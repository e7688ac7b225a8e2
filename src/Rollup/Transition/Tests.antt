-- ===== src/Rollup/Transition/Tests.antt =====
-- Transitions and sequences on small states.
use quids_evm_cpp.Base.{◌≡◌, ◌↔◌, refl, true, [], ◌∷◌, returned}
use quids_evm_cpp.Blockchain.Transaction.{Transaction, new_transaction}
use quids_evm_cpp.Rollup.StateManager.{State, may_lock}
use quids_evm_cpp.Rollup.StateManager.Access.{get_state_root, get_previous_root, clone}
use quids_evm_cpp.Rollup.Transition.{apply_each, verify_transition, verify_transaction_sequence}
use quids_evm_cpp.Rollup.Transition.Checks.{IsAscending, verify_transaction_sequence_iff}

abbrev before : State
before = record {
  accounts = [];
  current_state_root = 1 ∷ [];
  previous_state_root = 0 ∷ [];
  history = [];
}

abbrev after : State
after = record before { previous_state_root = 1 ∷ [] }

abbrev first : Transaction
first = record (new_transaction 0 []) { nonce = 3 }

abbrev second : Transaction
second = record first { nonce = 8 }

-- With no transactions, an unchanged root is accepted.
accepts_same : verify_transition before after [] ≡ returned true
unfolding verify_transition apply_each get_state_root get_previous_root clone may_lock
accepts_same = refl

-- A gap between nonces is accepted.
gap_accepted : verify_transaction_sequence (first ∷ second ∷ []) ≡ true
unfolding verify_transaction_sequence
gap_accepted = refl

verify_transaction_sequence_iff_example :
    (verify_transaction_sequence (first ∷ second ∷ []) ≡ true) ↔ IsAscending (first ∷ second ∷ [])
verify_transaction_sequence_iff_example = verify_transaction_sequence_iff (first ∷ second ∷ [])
* * * *
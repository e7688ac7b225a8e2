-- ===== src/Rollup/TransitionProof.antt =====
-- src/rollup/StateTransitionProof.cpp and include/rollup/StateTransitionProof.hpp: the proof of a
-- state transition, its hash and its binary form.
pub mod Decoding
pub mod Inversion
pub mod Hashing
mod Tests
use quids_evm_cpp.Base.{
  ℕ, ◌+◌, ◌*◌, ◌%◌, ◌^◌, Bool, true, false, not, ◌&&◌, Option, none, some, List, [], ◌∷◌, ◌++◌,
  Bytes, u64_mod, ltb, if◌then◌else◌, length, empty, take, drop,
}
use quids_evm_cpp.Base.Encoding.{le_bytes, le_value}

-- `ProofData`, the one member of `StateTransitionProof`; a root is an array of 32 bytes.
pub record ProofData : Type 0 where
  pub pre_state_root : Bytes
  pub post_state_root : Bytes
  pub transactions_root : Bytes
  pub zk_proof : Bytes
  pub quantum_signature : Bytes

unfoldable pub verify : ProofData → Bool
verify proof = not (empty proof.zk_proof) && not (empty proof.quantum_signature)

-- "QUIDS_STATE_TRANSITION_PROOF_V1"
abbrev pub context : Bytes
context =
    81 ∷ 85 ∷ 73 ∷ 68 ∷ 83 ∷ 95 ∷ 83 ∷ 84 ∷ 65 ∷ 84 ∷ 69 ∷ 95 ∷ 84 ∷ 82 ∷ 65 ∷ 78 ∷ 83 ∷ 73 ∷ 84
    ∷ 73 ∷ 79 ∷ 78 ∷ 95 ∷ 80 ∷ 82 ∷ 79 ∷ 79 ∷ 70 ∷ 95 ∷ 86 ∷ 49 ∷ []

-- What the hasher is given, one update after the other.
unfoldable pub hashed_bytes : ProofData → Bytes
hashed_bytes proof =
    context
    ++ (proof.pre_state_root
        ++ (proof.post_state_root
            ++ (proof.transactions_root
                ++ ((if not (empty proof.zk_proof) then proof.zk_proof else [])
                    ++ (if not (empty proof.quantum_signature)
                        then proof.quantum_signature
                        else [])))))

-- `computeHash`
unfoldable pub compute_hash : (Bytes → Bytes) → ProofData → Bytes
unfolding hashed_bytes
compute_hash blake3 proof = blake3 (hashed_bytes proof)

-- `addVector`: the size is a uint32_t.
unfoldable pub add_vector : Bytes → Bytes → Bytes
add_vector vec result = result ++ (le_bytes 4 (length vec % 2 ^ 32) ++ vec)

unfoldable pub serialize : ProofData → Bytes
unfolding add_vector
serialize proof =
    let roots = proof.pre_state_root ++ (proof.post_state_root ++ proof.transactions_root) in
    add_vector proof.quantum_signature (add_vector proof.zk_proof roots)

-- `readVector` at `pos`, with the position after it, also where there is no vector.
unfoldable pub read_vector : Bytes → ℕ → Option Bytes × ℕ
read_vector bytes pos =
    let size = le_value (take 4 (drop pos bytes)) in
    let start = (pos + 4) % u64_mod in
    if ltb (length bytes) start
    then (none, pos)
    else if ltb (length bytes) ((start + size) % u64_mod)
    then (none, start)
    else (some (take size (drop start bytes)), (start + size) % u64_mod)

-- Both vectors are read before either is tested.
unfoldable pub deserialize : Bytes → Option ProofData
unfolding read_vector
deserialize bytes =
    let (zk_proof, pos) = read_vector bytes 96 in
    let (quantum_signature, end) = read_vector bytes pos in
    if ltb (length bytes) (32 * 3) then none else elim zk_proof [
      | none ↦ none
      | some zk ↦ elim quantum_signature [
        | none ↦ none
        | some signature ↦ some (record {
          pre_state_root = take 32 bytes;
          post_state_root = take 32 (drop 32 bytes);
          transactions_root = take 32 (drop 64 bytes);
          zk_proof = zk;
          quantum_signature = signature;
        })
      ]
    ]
* * * *
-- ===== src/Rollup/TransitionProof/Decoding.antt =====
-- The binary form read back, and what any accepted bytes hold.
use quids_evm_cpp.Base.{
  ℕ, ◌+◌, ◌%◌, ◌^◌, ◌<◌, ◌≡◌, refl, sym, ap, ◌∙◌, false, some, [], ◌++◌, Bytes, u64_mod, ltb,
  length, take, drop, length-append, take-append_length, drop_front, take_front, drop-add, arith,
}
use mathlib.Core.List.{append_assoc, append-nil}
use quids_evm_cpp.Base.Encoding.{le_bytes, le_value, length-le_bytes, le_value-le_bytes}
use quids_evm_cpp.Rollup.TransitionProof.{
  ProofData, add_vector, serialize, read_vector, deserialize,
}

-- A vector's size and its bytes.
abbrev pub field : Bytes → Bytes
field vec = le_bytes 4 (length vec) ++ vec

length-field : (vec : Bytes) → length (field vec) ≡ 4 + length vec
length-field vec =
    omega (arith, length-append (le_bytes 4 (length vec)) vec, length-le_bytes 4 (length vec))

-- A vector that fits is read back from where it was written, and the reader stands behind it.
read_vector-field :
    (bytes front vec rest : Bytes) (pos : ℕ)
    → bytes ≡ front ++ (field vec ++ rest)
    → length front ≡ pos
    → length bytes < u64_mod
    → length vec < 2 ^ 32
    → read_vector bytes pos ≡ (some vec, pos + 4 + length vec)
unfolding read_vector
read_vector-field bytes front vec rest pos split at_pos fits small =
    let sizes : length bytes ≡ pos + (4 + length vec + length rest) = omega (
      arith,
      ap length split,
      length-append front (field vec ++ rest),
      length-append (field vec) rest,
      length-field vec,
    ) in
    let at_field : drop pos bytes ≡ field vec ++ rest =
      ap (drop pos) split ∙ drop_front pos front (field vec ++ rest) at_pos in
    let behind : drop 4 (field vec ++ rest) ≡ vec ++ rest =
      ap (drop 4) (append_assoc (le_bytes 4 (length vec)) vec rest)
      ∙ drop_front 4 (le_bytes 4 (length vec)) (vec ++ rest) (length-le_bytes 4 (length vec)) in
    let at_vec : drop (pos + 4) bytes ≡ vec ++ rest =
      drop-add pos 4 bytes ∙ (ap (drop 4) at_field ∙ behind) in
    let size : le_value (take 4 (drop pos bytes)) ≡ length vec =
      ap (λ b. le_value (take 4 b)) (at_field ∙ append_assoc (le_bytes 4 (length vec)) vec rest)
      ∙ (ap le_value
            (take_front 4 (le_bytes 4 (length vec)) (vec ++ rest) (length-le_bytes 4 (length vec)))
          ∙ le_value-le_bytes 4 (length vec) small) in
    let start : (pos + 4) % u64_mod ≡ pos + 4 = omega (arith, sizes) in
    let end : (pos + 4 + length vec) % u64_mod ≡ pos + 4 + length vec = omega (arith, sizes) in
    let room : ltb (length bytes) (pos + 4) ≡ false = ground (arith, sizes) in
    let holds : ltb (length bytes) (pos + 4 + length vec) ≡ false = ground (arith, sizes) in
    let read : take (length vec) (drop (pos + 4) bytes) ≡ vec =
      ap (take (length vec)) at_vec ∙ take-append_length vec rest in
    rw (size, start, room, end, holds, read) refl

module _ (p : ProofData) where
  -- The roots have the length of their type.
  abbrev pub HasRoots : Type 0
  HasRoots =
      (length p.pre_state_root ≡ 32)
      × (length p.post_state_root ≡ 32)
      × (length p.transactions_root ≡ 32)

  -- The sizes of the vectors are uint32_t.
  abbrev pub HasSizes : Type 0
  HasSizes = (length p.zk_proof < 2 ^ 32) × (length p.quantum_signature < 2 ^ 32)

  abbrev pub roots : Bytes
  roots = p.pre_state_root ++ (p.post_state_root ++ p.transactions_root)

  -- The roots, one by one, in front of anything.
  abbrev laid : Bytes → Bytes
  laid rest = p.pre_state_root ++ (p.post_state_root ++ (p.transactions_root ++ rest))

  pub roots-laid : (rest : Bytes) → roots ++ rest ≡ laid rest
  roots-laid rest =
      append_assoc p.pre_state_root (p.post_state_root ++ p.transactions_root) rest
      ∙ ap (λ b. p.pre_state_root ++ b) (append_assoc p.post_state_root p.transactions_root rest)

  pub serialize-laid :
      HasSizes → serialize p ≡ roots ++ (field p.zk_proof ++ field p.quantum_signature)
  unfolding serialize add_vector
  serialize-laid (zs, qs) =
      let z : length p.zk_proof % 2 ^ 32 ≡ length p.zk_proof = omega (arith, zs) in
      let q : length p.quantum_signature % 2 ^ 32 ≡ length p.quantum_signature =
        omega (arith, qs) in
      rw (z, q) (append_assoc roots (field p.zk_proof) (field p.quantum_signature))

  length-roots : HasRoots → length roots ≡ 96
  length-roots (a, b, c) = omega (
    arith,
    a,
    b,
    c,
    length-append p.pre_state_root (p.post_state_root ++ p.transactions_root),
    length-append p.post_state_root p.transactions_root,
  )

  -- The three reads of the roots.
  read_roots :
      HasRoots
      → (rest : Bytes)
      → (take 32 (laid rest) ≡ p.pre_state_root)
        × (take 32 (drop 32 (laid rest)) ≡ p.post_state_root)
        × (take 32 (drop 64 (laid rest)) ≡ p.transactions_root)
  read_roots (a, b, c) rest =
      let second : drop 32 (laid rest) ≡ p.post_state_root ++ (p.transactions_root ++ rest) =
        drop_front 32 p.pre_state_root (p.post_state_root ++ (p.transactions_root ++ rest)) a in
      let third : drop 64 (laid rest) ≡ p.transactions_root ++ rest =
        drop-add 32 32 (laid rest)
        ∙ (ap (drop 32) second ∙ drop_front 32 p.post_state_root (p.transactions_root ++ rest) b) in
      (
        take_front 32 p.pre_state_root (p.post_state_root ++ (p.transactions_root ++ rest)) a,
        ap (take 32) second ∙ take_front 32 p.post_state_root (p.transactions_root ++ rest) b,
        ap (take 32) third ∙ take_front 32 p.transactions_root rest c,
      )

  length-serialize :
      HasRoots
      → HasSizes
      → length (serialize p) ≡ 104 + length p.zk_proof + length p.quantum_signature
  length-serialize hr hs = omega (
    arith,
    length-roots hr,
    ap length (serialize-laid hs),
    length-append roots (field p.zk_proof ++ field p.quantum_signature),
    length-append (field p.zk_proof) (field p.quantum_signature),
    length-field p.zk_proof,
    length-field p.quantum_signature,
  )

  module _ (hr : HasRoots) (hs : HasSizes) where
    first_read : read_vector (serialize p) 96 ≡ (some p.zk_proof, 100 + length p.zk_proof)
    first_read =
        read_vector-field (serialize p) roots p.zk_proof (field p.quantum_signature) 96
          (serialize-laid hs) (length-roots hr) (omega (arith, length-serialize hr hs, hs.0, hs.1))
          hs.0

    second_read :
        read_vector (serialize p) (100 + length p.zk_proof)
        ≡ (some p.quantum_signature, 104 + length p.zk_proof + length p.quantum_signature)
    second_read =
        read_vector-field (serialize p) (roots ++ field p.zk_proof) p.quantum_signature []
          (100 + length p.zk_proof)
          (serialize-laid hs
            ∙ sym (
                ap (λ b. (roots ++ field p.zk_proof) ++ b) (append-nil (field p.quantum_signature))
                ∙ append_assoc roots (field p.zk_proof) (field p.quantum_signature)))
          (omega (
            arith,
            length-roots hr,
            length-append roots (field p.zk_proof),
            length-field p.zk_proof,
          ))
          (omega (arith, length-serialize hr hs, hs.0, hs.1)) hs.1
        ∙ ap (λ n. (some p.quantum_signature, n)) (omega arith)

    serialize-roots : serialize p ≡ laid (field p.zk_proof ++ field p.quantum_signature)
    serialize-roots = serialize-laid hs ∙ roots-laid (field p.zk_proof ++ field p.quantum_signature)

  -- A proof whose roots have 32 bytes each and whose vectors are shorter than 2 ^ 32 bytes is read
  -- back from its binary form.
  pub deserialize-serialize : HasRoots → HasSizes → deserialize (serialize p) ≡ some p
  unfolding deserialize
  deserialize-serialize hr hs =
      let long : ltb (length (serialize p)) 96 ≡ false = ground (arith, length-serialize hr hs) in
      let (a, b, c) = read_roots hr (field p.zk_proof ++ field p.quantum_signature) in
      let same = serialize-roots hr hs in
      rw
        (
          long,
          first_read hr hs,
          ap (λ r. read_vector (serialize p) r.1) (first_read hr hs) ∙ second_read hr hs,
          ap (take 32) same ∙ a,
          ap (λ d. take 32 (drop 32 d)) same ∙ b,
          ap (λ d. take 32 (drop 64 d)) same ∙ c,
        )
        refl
* * * *
**EXERCISE**
Copy out only the lines above from the one with "vec) small) in" to the one with "p.transactions_root ≡ 32)", inclusive, exactly as they stand.

**SOLUTION TO THE PROBLEM**
          ∙ le_value-le_bytes 4 (length vec) small) in
    let start : (pos + 4) % u64_mod ≡ pos + 4 = omega (arith, sizes) in
    let end : (pos + 4 + length vec) % u64_mod ≡ pos + 4 + length vec = omega (arith, sizes) in
    let room : ltb (length bytes) (pos + 4) ≡ false = ground (arith, sizes) in
    let holds : ltb (length bytes) (pos + 4 + length vec) ≡ false = ground (arith, sizes) in
    let read : take (length vec) (drop (pos + 4) bytes) ≡ vec =
      ap (take (length vec)) at_vec ∙ take-append_length vec rest in
    rw (size, start, room, end, holds, read) refl

module _ (p : ProofData) where
  -- The roots have the length of their type.
  abbrev pub HasRoots : Type 0
  HasRoots =
      (length p.pre_state_root ≡ 32)
      × (length p.post_state_root ≡ 32)
      × (length p.transactions_root ≡ 32)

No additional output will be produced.